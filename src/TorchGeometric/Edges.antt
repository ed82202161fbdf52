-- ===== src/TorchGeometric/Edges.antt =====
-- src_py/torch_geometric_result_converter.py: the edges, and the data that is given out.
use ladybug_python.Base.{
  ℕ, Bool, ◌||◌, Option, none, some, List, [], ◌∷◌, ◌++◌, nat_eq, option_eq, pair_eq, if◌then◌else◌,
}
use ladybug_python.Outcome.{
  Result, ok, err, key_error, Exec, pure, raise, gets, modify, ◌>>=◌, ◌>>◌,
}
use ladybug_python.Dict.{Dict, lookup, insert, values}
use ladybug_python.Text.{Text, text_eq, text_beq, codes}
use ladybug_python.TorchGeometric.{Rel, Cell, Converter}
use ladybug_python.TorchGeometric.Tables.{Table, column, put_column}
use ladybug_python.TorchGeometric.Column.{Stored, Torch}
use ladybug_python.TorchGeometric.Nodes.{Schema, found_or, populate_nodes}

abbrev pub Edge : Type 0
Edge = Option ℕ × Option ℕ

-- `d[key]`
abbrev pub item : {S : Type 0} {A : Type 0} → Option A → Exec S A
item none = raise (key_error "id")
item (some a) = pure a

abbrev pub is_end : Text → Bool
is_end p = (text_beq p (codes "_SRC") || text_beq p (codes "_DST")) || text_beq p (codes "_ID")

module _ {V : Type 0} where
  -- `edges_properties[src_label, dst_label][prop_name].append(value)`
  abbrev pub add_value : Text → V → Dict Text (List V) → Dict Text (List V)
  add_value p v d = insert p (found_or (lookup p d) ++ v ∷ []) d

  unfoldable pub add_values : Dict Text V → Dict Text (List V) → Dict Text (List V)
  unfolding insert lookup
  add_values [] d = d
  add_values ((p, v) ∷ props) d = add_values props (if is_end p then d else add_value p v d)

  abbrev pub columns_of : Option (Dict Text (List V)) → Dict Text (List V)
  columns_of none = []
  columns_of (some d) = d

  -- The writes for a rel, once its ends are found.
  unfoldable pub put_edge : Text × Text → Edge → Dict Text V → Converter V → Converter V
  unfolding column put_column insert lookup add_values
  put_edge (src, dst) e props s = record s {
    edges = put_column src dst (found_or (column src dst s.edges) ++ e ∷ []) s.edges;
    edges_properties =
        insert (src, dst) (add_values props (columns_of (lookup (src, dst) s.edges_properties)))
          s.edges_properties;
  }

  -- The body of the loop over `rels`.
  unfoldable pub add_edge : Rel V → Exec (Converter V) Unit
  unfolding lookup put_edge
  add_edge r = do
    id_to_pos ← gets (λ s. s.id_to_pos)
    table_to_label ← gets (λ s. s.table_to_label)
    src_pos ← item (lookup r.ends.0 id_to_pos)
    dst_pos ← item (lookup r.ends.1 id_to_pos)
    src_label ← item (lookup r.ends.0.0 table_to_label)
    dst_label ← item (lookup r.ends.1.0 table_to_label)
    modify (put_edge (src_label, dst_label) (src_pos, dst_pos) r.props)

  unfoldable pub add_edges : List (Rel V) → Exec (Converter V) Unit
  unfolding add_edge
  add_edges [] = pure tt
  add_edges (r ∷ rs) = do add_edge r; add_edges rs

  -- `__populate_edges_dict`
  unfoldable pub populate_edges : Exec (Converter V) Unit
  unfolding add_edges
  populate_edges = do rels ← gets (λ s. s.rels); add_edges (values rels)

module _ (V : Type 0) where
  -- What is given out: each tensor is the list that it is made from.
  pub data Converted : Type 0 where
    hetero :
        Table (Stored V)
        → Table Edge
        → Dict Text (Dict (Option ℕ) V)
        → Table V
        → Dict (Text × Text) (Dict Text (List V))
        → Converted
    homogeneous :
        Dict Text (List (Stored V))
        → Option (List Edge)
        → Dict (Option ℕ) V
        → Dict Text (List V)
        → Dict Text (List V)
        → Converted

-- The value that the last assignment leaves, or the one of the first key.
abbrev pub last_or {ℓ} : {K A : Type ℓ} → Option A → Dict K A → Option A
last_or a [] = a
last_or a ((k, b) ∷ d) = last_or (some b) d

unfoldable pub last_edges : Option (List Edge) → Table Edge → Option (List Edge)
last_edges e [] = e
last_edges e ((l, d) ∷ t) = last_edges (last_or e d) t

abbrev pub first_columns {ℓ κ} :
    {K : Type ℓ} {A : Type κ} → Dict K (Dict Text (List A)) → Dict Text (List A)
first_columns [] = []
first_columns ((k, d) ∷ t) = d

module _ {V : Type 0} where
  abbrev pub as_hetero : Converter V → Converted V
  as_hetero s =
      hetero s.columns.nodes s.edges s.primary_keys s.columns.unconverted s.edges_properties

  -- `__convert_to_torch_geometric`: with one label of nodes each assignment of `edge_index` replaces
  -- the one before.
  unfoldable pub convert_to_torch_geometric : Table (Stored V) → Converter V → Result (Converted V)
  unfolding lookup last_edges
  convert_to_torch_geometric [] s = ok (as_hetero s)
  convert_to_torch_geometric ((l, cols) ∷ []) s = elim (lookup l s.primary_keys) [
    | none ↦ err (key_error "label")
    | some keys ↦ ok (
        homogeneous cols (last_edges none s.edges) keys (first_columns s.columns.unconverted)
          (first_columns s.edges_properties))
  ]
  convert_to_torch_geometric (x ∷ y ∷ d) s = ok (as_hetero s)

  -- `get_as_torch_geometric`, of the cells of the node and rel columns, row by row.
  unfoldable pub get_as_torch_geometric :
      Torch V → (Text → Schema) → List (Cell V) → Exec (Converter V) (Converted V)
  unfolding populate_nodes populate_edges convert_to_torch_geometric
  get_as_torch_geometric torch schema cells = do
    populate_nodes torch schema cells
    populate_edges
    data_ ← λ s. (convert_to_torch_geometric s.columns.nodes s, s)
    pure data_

§ Exercise: Once you have checked every line of the material above, return the ones that hold the string "unconverted".

§ Solved problem:
      hetero s.columns.nodes s.edges s.primary_keys s.columns.unconverted s.edges_properties
        homogeneous cols (last_edges none s.edges) keys (first_columns s.columns.unconverted)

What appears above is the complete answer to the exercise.